[Exercise prompt] Find how many lines of the following entries contain "absurd". Reply with the number alone.

[Records]

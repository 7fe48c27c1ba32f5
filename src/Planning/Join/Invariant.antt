-- ===== src/Planning/Join/Invariant.antt =====
-- What holds of the breadth-first search while it runs.
use nl2data_core.Common.{
  ℕ, suc, ◌+◌, ◌≤◌, ◌≡◌, refl, subst, ◌⊎◌, inl, inr, Bool-cases, Option-cases, true, none, some,
  List, [], ◌∷◌, ◌++◌, String, ok, arith, All, All-append, All-map, str_eq, str_eq_iff, contains,
  if◌then◌else◌, length, length-append, ◌==◌,
}
use nl2data_core.Common.Dict.{Dict, lookup, has_key, insert, lookup-insert, lookup-insert_self}
use nl2data_core.Planning.Join.Graph.{RelationshipEdge, Hop}
use nl2data_core.Planning.Join.Search.{Search, discover, join_paths, relax, relax_all}
use nl2data_core.Planning.Join.Hops.{IsHop, endpoints, IsHop-endpoints}

-- How many of the entities have no distance yet.
abbrev pub fresh : Dict ℕ → List String → ℕ
fresh distances [] = 0
fresh distances (x ∷ xs) =
    if has_key x distances then fresh distances xs else suc (fresh distances xs)

fresh-insert_le :
    (k : String) (d : ℕ) (distances : Dict ℕ) (xs : List String)
    → fresh (insert k d distances) xs ≤ fresh distances xs
fresh-insert_le k d distances [] = omega arith
fresh-insert_le k d distances (x ∷ xs) =
    ground (arith, fresh-insert_le k d distances xs, lookup-insert k x d distances)

fresh-insert_lt :
    (k : String) (d : ℕ) (distances : Dict ℕ) (xs : List String)
    → contains k xs ≡ true
    → lookup k distances ≡ none
    → suc (fresh (insert k d distances) xs) ≤ fresh distances xs
fresh-insert_lt k d distances [] h n = cc
fresh-insert_lt k d distances (x ∷ xs) h n = elim (Bool-cases (str_eq k x)) [
  | inl same ↦
      rw (← (str_eq_iff k x).0 same)
        (ground (arith, fresh-insert_le k d distances xs, lookup-insert_self k d distances))
  | inr other ↦ ground (arith, fresh-insert_lt k d distances xs, lookup-insert k x d distances)
]

module _ (edges : List RelationshipEdge) (starts : List String) where
  -- The first parent of an entity: one hop back, one step closer.
  pub record Back (s : Search) (node : String) (d : ℕ) : Type 0 where
    pub hop : Hop
    pub others : List Hop
    pub parent : lookup node s.parents ≡ some (hop ∷ others)
    pub valid : IsHop edges hop.entity (record hop { entity = node })
    pub closer : ℕ
    pub parent_distance : lookup hop.entity s.distances ≡ some closer
    pub one_more : d ≡ closer + 1

  pub record Inv (s : Search) : Type 0 where
    pub queued : All (λ n. has_key n s.distances ≡ true) s.queue
    pub counted : (n : String) → has_key n s.distances ≡ true → has_key n s.counts ≡ true
    pub origin :
        (n : String) (d : ℕ)
        → lookup n s.distances ≡ some d
        → (contains n starts ≡ true) ⊎ Back s n d

  abbrev pub measure : Search → ℕ
  measure s = length s.queue + fresh s.distances (endpoints edges)

  -- What one turn of the inner loop keeps.
  pub record Relaxed (s t : Search) : Type 0 where
    pub inv : Inv t
    pub keeps : (n : String) → has_key n s.distances ≡ true → has_key n t.distances ≡ true
    pub no_more : measure t ≤ measure s

  module _ (node : String) (hop : Hop) (d c : ℕ) (s : Search) (v : Inv s) (h : IsHop edges node hop)
      (e : lookup node s.distances ≡ some d) where
    discover-keeps :
        (n : String)
        → has_key n s.distances ≡ true
        → has_key n (insert hop.entity (d + 1) s.distances) ≡ true
    discover-keeps n k = rw lookup-insert (ground arith)

    discover-Back :
        lookup hop.entity s.distances ≡ none → Back (discover node hop d c s) hop.entity (d + 1)
    discover-Back unseen = record {
      hop = record hop { entity = node };
      others = [];
      parent = lookup-insert_self hop.entity (record hop { entity = node } ∷ []) s.parents;
      valid = h;
      closer = d;
      parent_distance = rw lookup-insert (ground (arith, str_eq_iff hop.entity node));
      one_more = refl;
    }

    discover-Back_old :
        (n : String) (k : ℕ)
        → lookup hop.entity s.distances ≡ none
        → lookup n s.distances ≡ some k
        → Back s n k
        → Back (discover node hop d c s) n k
    discover-Back_old n k unseen old b = record {
      hop = b.hop;
      others = b.others;
      parent = rw lookup-insert (ground (arith, str_eq_iff hop.entity n, b.parent));
      valid = b.valid;
      closer = b.closer;
      parent_distance =
          rw lookup-insert (ground (arith, str_eq_iff hop.entity b.hop.entity, b.parent_distance));
      one_more = b.one_more;
    }

    discover-origin :
        lookup hop.entity s.distances ≡ none
        → (n : String) (k : ℕ) → lookup n (discover node hop d c s).distances ≡ some k
        → (contains n starts ≡ true) ⊎ Back (discover node hop d c s) n k
    discover-origin unseen n k found =
        let now : (if str_eq hop.entity n then some (d + 1) else lookup n s.distances) ≡ some k =
          rw lookup-insert at found in
        elim (Bool-cases (str_eq hop.entity n)) [
          | inl same ↦
              let last : d + 1 ≡ k = ground arith in
              inr (
                subst (λ x. Back (discover node hop d c s) x k) ((str_eq_iff hop.entity n).0 same)
                  (subst (λ x. Back (discover node hop d c s) hop.entity x) last
                    (discover-Back unseen)))
          | inr other ↦ elim (v.origin n k (rw other at now)) [
            | inl start ↦ inl start
            | inr b ↦ inr (discover-Back_old n k unseen (rw other at now) b)
          ]
        ]

    discover-Relaxed : lookup hop.entity s.distances ≡ none → Relaxed s (discover node hop d c s)
    discover-Relaxed unseen = record {
      inv = record {
        queued =
            All-append (λ n. has_key n (insert hop.entity (d + 1) s.distances) ≡ true) s.queue
              (hop.entity ∷ []) (All-map _ _ s.queue discover-keeps v.queued)
              (rw lookup-insert_self refl, tt);
        counted = λ n k.
            rw lookup-insert
              (ground (arith, lookup-insert hop.entity n (d + 1) s.distances, v.counted n));
        origin = discover-origin unseen;
      };
      keeps = discover-keeps;
      no_more = omega (
        arith,
        length-append s.queue (hop.entity ∷ []),
        fresh-insert_lt hop.entity (d + 1) s.distances (endpoints edges) (IsHop-endpoints h) unseen,
      );
    }

    join_paths-Back :
        (known : ℕ) (n : String) (k : ℕ) → Back s n k → Back (join_paths node hop c known s) n k
    join_paths-Back known n k b = elim (Bool-cases (str_eq hop.entity n)) [
      | inr other ↦ record {
        hop = b.hop;
        others = b.others;
        parent = rw lookup-insert (rw other b.parent);
        valid = b.valid;
        closer = b.closer;
        parent_distance = b.parent_distance;
        one_more = b.one_more;
      }
      | inl same ↦ record {
        hop = b.hop;
        others = b.others ++ record hop { entity = node } ∷ [];
        parent = rw lookup-insert (rw same (rw ((str_eq_iff hop.entity n).0 same) (rw b.parent)));
        valid = b.valid;
        closer = b.closer;
        parent_distance = b.parent_distance;
        one_more = b.one_more;
      }
    ]

    join_paths-Relaxed : (known : ℕ) → Relaxed s (join_paths node hop c known s)
    join_paths-Relaxed known = record {
      inv = record {
        queued = v.queued;
        counted = λ n k. rw lookup-insert (ground (arith, v.counted n k));
        origin = λ n k found. elim (v.origin n k found) [
          | inl start ↦ inl start
          | inr b ↦ inr (join_paths-Back known n k b)
        ];
      };
      keeps = λ n k. k;
      no_more = omega arith;
    }

  pub Relaxed-refl : (s : Search) → Inv s → Relaxed s s
  Relaxed-refl s v = record { inv = v; keeps = λ n k. k; no_more = omega arith }

  -- One turn never meets a missing key.
  relax-Relaxed :
      (node : String) (hop : Hop) (s : Search)
      → Inv s
      → IsHop edges node hop
      → has_key node s.distances ≡ true
      → (t : Search) × (relax node hop s ≡ ok t) × Relaxed s t
  unfolding relax
  relax-Relaxed node hop s v h k = elim (Option-cases (lookup node s.distances)) [
    | inl missing ↦ absurd (ground arith)
    | inr (d, e) ↦ elim (Option-cases (lookup node s.counts)) [
      | inl missing ↦ absurd (ground (arith, v.counted node k))
      | inr (c, counted) ↦ elim (Option-cases (lookup hop.entity s.distances)) [
        | inl unseen ↦
            (discover node hop d c s, ground arith, discover-Relaxed node hop d c s v h e unseen)
        | inr (f, seen) ↦ elim (Bool-cases (f == d + 1)) [
          | inr longer ↦ (s, ground arith, Relaxed-refl s v)
          | inl equal ↦ elim (Option-cases (lookup hop.entity s.counts)) [
            | inl missing ↦ absurd (ground (arith, v.counted hop.entity))
            | inr (known, g) ↦ (
              join_paths node hop c known s,
              ground arith,
              join_paths-Relaxed node hop d c s v h e known,
            )
          ]
        ]
      ]
    ]
  ]

  pub relax_all-Relaxed :
      (node : String) (hops : List Hop) (s : Search)
      → Inv s
      → All (IsHop edges node) hops
      → has_key node s.distances ≡ true
      → (t : Search) × (relax_all node hops s ≡ ok t) × Relaxed s t
  unfolding relax_all
  relax_all-Relaxed node [] s v all k = (s, refl, Relaxed-refl s v)
  relax_all-Relaxed node (hop ∷ hops) s v all k =
      let (t, first, r) = relax-Relaxed node hop s v all.0 k in
      let (u, second, q) = relax_all-Relaxed node hops t r.inv all.1 (r.keeps node k) in
      (
        u,
        rw first second,
        record {
          inv = q.inv;
          keeps = λ n x. q.keeps n (r.keeps n x);
          no_more = omega (arith, r.no_more, q.no_more);
        },
      )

[Your solution] 3